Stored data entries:
· · · · · · ·
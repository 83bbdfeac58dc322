-- ===== src/Agent/Approval/Scanner.antt =====
-- `ApprovalExpireScanner` of app/services/agent_approval_service.py, over the lineages of all
-- runs, one `Desk` for each: a pending approval is the current one of its lineage. The figures of
-- its report that measure time are left out.
pub mod Batch
use test_platform_backend.Prelude.{
  ℕ, ◌+◌, Bool, true, false, ◌&&◌, ◌||◌, not, Option, none, some, List, [], ◌∷◌, ◌==◌, ltb,
  if◌then◌else◌, take, select, update_where, elem, find, length,
}
use mathlib.Core.List.{filter_map}
use test_platform_backend.Session.{request}
use test_platform_backend.Agent.Model.{AgentApproval, ApprovalStatus}
use test_platform_backend.Agent.Approval.Desk.{Desk}
use test_platform_backend.Agent.Approval.Decide.{expire_approval, is_pending, is_due}

abbrev pub of_project : Option ℕ → AgentApproval → Bool
of_project none a = true
of_project (some p) a = a.project_id == p

-- The approvals that are there.
unfoldable pub approvals_of : List Desk → List AgentApproval
approvals_of [] = []
approvals_of (d ∷ rest) =
    let others = approvals_of rest in elim d.approval [ none ↦ others | some a ↦ a ∷ others ]

abbrev pub expiry_before : Option ℕ → Option ℕ → Bool
expiry_before (some a) (some b) = ltb a b
expiry_before _ _ = false

-- `order_by(approval_lineage_id.asc(), expires_at.asc())`
abbrev pub comes_first : AgentApproval → AgentApproval → Bool
comes_first a b =
    ltb a.approval_lineage_id b.approval_lineage_id
    || (a.approval_lineage_id == b.approval_lineage_id && expiry_before a.expires_at b.expires_at)

unfoldable pub insert_due : AgentApproval → List AgentApproval → List AgentApproval
insert_due a [] = a ∷ []
insert_due a (b ∷ rest) =
    let later = insert_due a rest in if comes_first b a then b ∷ later else a ∷ b ∷ rest

unfoldable pub in_order : List AgentApproval → List AgentApproval
unfolding insert_due
in_order [] = []
in_order (a ∷ rest) = insert_due a (in_order rest)

-- The query of `audit`, and with a limit that of `expire_due_summary`.
unfoldable pub due_approvals : ℕ → Option ℕ → List Desk → List AgentApproval
unfolding in_order approvals_of
due_approvals now project desks = in_order (
    select (λ a. is_pending a.approval_status && is_due a.expires_at now && of_project project a)
      (approvals_of desks))

abbrev pub has_approval : ℕ → Desk → Bool
has_approval id d = elim d.approval [ none ↦ false | some a ↦ a.approval_id == id ]

-- `guard.expire_approval(approval_id)`
unfoldable pub expire_one : ℕ → ℕ → List Desk → List Desk
expire_one now id = update_where (has_approval id) (λ d. (request (expire_approval now) d).1)

abbrev is_expired : ApprovalStatus → Bool
is_expired ApprovalStatus.expired = true
is_expired _ = false

abbrev shows_expired : Option Desk → Bool
shows_expired none = false
shows_expired (some d) = elim d.approval [ none ↦ false | some a ↦ is_expired a.approval_status ]

-- `refreshed is not None and refreshed.approval_status == "expired"`
abbrev pub refreshed_expired : ℕ → List Desk → Bool
refreshed_expired id desks = shows_expired (find (has_approval id) desks)

-- The counts of the loop, with `processed_lineage_ids`.
pub record Scan : Type 0 where
  pub attempted : ℕ
  pub expired : ℕ
  pub skipped_duplicates : ℕ
  pub processed : List ℕ

abbrev pub add_duplicate : Scan → Scan
add_duplicate s = record s { skipped_duplicates = s.skipped_duplicates + 1 }

abbrev pub add_attempt : ℕ → Bool → Scan → Scan
add_attempt id hit s = record s {
  attempted = s.attempted + 1;
  expired = if hit then s.expired + 1 else s.expired;
  processed = id ∷ s.processed;
}

-- The loop; `seen` is `seen_lineage_ids`.
unfoldable pub scan_due : ℕ → List AgentApproval → List ℕ → List Desk → Scan × List Desk
unfolding expire_one
scan_due now [] seen desks =
    (record { attempted = 0; expired = 0; skipped_duplicates = 0; processed = [] }, desks)
scan_due now (a ∷ rest) seen desks =
    let skip = scan_due now rest seen desks in
    let desks₁ = expire_one now a.approval_id desks in
    let go = scan_due now rest (a.approval_lineage_id ∷ seen) desks₁ in
    if elem a.approval_lineage_id seen
    then (add_duplicate skip.0, skip.1)
    else (add_attempt a.approval_lineage_id (refreshed_expired a.approval_id desks₁) go.0, go.1)

-- `expire_due_summary`
unfoldable pub expire_due_summary : ℕ → ℕ → Option ℕ → List Desk → Scan × List Desk
unfolding due_approvals scan_due
expire_due_summary limit now project desks =
    scan_due now (take limit (due_approvals now project desks)) [] desks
· · · · · · ·
§ **What you have to do**: Locate the line that contains "attempted = 0;", then please quote it and every line after it to the end of the entries above, exactly and with nothing else.

§ **Solution to this problem**:
    (record { attempted = 0; expired = 0; skipped_duplicates = 0; processed = [] }, desks)
scan_due now (a ∷ rest) seen desks =
    let skip = scan_due now rest seen desks in
    let desks₁ = expire_one now a.approval_id desks in
    let go = scan_due now rest (a.approval_lineage_id ∷ seen) desks₁ in
    if elem a.approval_lineage_id seen
    then (add_duplicate skip.0, skip.1)
    else (add_attempt a.approval_lineage_id (refreshed_expired a.approval_id desks₁) go.0, go.1)

-- `expire_due_summary`
unfoldable pub expire_due_summary : ℕ → ℕ → Option ℕ → List Desk → Scan × List Desk
unfolding due_approvals scan_due
expire_due_summary limit now project desks =
    scan_due now (take limit (due_approvals now project desks)) [] desks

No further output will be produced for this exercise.